The European Central Bank (ECB), which held a monetary policy meeting on the 12th, is also expected to slightly lower its current deposit rate of -0.5% and announce measures to support small and medium-sized enterprises. The Fed expanded its repurchase agreement (RP) transaction limit from $100 billion to $150 billion, and then from $150 billion to $175 billion. The New York Federal Reserve explained that this was a measure to ensure banks maintain sufficient reserves and to ease pressure on financial markets. However, this also fueled the competition for liquidity easing.


At first glance, it appears that the world is coordinating through interest rate cuts. The problem is that the U.S. has much more room to cut rates down to zero compared to other countries. The ECB and the Bank of Japan (BOJ) already have benchmark rates at 0% and negative (-0.10%), respectively. Ultimately, with major central banks’ rates at the floor, they are forced to seek other means to maintain the effectiveness of monetary policy. The BOJ’s purchase of exchange-traded funds (ETFs) is a representative example. Since the recession has already progressed, advanced countries also find it difficult to aggressively conduct asset purchases.


◆ China May Join... Emerging Markets Like South Korea Could Be Hit = The trade war with China, which had quieted due to COVID-19, could resurface. The People’s Bank of China is likely to implement liquidity supply measures as early as this week. The expected cut in the reserve requirement ratio for banks is between 50 and 100 basis points. This would inject between 300 billion and 700 billion yuan of liquidity into the market.


If a currency war scenario unfolds, South Korea and other emerging markets are expected to be affected. Theoretically, a stronger won would be disadvantageous for exports. Additionally, increased exchange rate volatility and market instability are concerns. Professor Kim So-young of Seoul National University’s Department of Economics stated, "If liquidity increases and the speed of capital inflows and outflows accelerates due to a currency war, South Korea’s financial market, which heavily depends on foreign investors, could be hit."
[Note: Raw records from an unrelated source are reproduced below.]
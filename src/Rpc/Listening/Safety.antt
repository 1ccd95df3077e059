-- ===== src/Rpc/Listening/Safety.antt =====
-- Rpc.Listening: which sockets a start opens, whatever fails.
use Prim.Native.String.{String}
use tari_vault.Base.{
  ℕ, Bytes, ◌≡◌, ◌≢◌, refl, sym, ◌∙◌, ap, Bool, true, Option, none, some, List, ◌∷◌, All, Result,
  ok, err, panic, pure, ◌>>=◌, ◌>>◌, Option-cases, Result-cases, inl, inr, ◌⊎◌, subst, continue,
}
use tari_vault.Storage.Faults.{outcome, later}
use tari_vault.Auth.{BearerAuthLayer, from_config}
use tari_vault.Rpc.Serving.{
  SocketAddr, is_loopback, TlsConfig, Listener, plain, tls, start_server, plain_is_allowed,
  http_body_limit, listener, start_server-listener,
}
use tari_vault.Rpc.Listening.{
  Socket, http, https, Net, Op, answer, call, serve_on, Rustls, loopback_any, read,
  build_tls_acceptor, start_plain, start_proxy, start_tls, listen,
}

-- What `m` keeps of the sockets, and what it ends in when it succeeds.
module _ (P : Socket → Type 0) where
  abbrev Keeps : {A : Type 0} → Op A → Type 0
  Keeps m = (n : Net) → All P n.sockets → All P (m n).1.sockets

  continue-Keeps :
      {A B : Type 0} (r : Result String A) (k : A → Op B) (n : Net)
      → ((a : A) → Keeps (k a))
      → All P n.sockets
      → All P (continue r k n).1.sockets
  continue-Keeps (ok a) k n keeps h = keeps a n h
  continue-Keeps (err e) k n keeps h = h
  continue-Keeps panic k n keeps h = h

  bind-Keeps :
      {A B : Type 0} (m : Op A) (k : A → Op B) → Keeps m → ((a : A) → Keeps (k a)) → Keeps (m >>= k)
  bind-Keeps m k first then_all n h = continue-Keeps (m n).0 k (m n).1 then_all (first n h)

  call-Keeps : Keeps call
  unfolding call
  call-Keeps n h = h

  serve_on-Keeps : (socket : Socket) → P socket → Keeps (serve_on socket)
  unfolding serve_on
  serve_on-Keeps socket p n h = (p, h)

  module _ (rustls : Rustls) where
    read-Keeps : (path : Bytes) → Keeps (read rustls path)
    unfolding read
    read-Keeps path = bind-Keeps call (λ _. pure (rustls.contents path)) call-Keeps (λ _ n h. h)

    build_tls_acceptor-Keeps : (cfg : TlsConfig) → Keeps (build_tls_acceptor rustls cfg)
    unfolding build_tls_acceptor
    build_tls_acceptor-Keeps cfg =
        bind-Keeps (read rustls cfg.cert_path) _ (read-Keeps cfg.cert_path)
          (λ c. bind-Keeps (read rustls cfg.key_path) _ (read-Keeps cfg.key_path) (λ k n h. h))

    started-Keeps : (socket : Socket) → P socket → Keeps (call >> (call >> serve_on socket))
    started-Keeps socket p =
        bind-Keeps call (λ _. call >> serve_on socket) call-Keeps
          (λ _. bind-Keeps call (λ _. serve_on socket) call-Keeps (λ _. serve_on-Keeps socket p))

    start_tls-Keeps :
        (bind_addr : Bytes) (cfg : TlsConfig) (auth : BearerAuthLayer) (limit : ℕ)
        → P (http loopback_any auth limit)
        → P (https bind_addr)
        → Keeps (start_tls rustls bind_addr cfg auth limit)
    unfolding start_tls start_plain start_proxy
    start_tls-Keeps bind_addr cfg auth limit inner outer =
        let proxy = call >> (call >> serve_on (https bind_addr)) in
        let server = call >> (call >> serve_on (http loopback_any auth limit)) in
        bind-Keeps (build_tls_acceptor rustls cfg) (λ _. server >> proxy)
          (build_tls_acceptor-Keeps cfg)
          (λ _.
            bind-Keeps server (λ _. proxy) (started-Keeps (http loopback_any auth limit) inner)
              (λ _. started-Keeps (https bind_addr) outer))

-- A step that has succeeded, and the one before it.
continue-ok :
    {A B : Type 0} (r : Result String A) (k : A → Op B) (n : Net) (b : B)
    → (continue r k n).0 ≡ ok b
    → (a : A) × (r ≡ ok a) × (continue r k n ≡ k a n)
continue-ok (ok a) k n b e = (a, refl, refl)
continue-ok (err x) k n b e = cc
continue-ok panic k n b e = cc

-- The last step of a chain that has succeeded.
ends :
    {A B : Type 0} (m : Op A) (k : A → Op B) (n : Net) (b : B)
    → ((m >>= k) n).0 ≡ ok b
    → (a : A) × ((m >>= k) n ≡ k a (m n).1)
ends m k n b e = let (a, _, same) = continue-ok (m n).0 k (m n).1 b e in (a, same)

started-ok :
    (socket : Socket) (n : Net) (u : Unit {0})
    → ((call >> (call >> serve_on socket)) n).0 ≡ ok u
    → ((call >> (call >> serve_on socket)) n).1.sockets ≡ socket ∷ n.sockets
unfolding call answer serve_on
started-ok socket n u e = elim (Option-cases (outcome n.faults)) [
  | inr (x, fails) ↦ let bad = rw fails at e in absurd cc
  | inl works ↦ elim (Option-cases (outcome (later n.faults))) [
    | inr (x, fails) ↦ let bad = rw (works, fails) at e in absurd cc
    | inl also ↦ rw (works, also) refl
  ]
]

-- The socket that clients are to use.
abbrev pub public_socket : Listener → Socket
public_socket (plain at auth limit) = http at auth limit
public_socket (tls at cfg auth limit) = https at

module _ (rustls : Rustls) where
  -- A start that succeeds has opened the socket that clients are to use.
  listen-ok :
      (l : Listener) (n : Net) (u : Unit {0})
      → (listen rustls l n).0 ≡ ok u
      → (rest : List Socket) × ((listen rustls l n).1.sockets ≡ public_socket l ∷ rest)
  unfolding listen start_tls start_plain start_proxy
  listen-ok (plain at auth limit) n u e = (n.sockets, started-ok (http at auth limit) n u e)
  listen-ok (tls at cfg auth limit) n u e =
      let proxy = call >> (call >> serve_on (https at)) in
      let server = call >> (call >> serve_on (http loopback_any auth limit)) in
      let (a, first) = ends (build_tls_acceptor rustls cfg) (λ _. server >> proxy) n u e in
      let n1 = (build_tls_acceptor rustls cfg n).1 in
      let (b, second) = ends server (λ _. proxy) n1 u (ap (λ p. p.0) (sym first) ∙ e) in
      let n2 = (server n1).1 in
      let last = started-ok (https at) n2 u (ap (λ p. p.0) (sym (first ∙ second)) ∙ e) in
      (n2.sockets, ap (λ p. p.1.sockets) (first ∙ second) ∙ last)

  module _ (parse : Bytes → Option SocketAddr) (bind_addr : Bytes) (auth_token : Option Bytes)
      (cfg : Option TlsConfig) (insecure_no_tls : Bool) (max : ℕ) where
    -- What may stand at an address: plain HTTP on a loopback port, or at the configured address where no TLS is
    -- configured and the flag or a loopback address allows it, behind the configured layer and limit; and TLS at the
    -- configured address where it is configured.
    abbrev pub Allowed : Socket → Type 0
    Allowed (http at auth limit) =
        ((at ≡ loopback_any)
          ⊎ ((at ≡ bind_addr)
              × (cfg ≡ none)
              × ((insecure_no_tls ≡ true)
                  ⊎ ((addr : SocketAddr) × (parse bind_addr ≡ some addr)
                      × (is_loopback addr ≡ true)))))
        × (auth ≡ from_config auth_token)
        × (limit ≡ http_body_limit max)
    Allowed (https at) = (at ≡ bind_addr) × ((c : TlsConfig) × (cfg ≡ some c))

    listen-Allowed :
        (c : Option TlsConfig) (l : Listener) (n : Net)
        → cfg ≡ c
        → start_server parse bind_addr auth_token cfg insecure_no_tls max ≡ ok l
        → listener parse bind_addr c (from_config auth_token) (http_body_limit max) ≡ l
        → All Allowed n.sockets
        → All Allowed (listen rustls l n).1.sockets
    unfolding listener listen start_plain
    listen-Allowed none l n bare passed is h =
        let auth = from_config auth_token in
        let limit = http_body_limit max in
        let (_, reason) =
          plain_is_allowed parse bind_addr auth_token cfg insecure_no_tls max limit bind_addr auth
            (passed ∙ ap ok (sym is)) in
        let keeps =
          started-Keeps Allowed rustls (http bind_addr auth limit)
            (inr (refl, bare, reason), refl, refl) in
        subst (λ l. All Allowed (listen rustls l n).1.sockets) is (keeps n h)
    listen-Allowed (some c) l n given passed is h =
        let auth = from_config auth_token in
        let limit = http_body_limit max in
        let keeps =
          start_tls-Keeps Allowed rustls bind_addr c auth limit (inl refl, refl, refl)
            (refl, (c, given)) in
        subst (λ l. All Allowed (listen rustls l n).1.sockets) is (keeps n h)

    -- When the checks of `start_server` let a listener pass, whatever calls of the environment fail while it starts:
    -- every socket that is opened is an allowed one, and the start either fails or has opened the one clients are to use.
    pub listens_safely :
        (l : Listener) (n : Net)
        → start_server parse bind_addr auth_token cfg insecure_no_tls max ≡ ok l
        → All Allowed n.sockets
        → All Allowed (listen rustls l n).1.sockets
          × (((listen rustls l n).0 ≢ ok tt)
              ⊎ ((rest : List Socket) × ((listen rustls l n).1.sockets ≡ public_socket l ∷ rest)))
    listens_safely l n passed h = (
      listen-Allowed cfg l n refl passed
          (start_server-listener parse bind_addr auth_token cfg insecure_no_tls max l passed) h,
      elim (Result-cases (listen rustls l n).0) [
        | inl (u, e) ↦ inr (listen-ok l n u e)
        | inr (inl (x, e)) ↦ inl (λ h. cc)
        | inr (inr e) ↦ inl (λ h. cc)
      ],
    )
For this reason, there are calls for South Korea to establish a global cooperation framework in advance through currency swap agreements with the U.S. and others before a crisis hits. The sequence could be: competitive currency depreciation → instability in emerging market financial markets → renewed instability in advanced countries. The Wall Street Journal (WSJ), in an editorial titled "Fed’s Market Stabilization Measures" on the 10th, stated that the Fed needs to establish currency swap agreements with South Korea, China, Taiwan, Hong Kong, and Australia. Currency swaps are agreements that allow countries to deposit their own currency with each other and receive the other’s currency or dollars in times of emergency such as foreign exchange crises.





This content was produced with the assistance of AI translation services.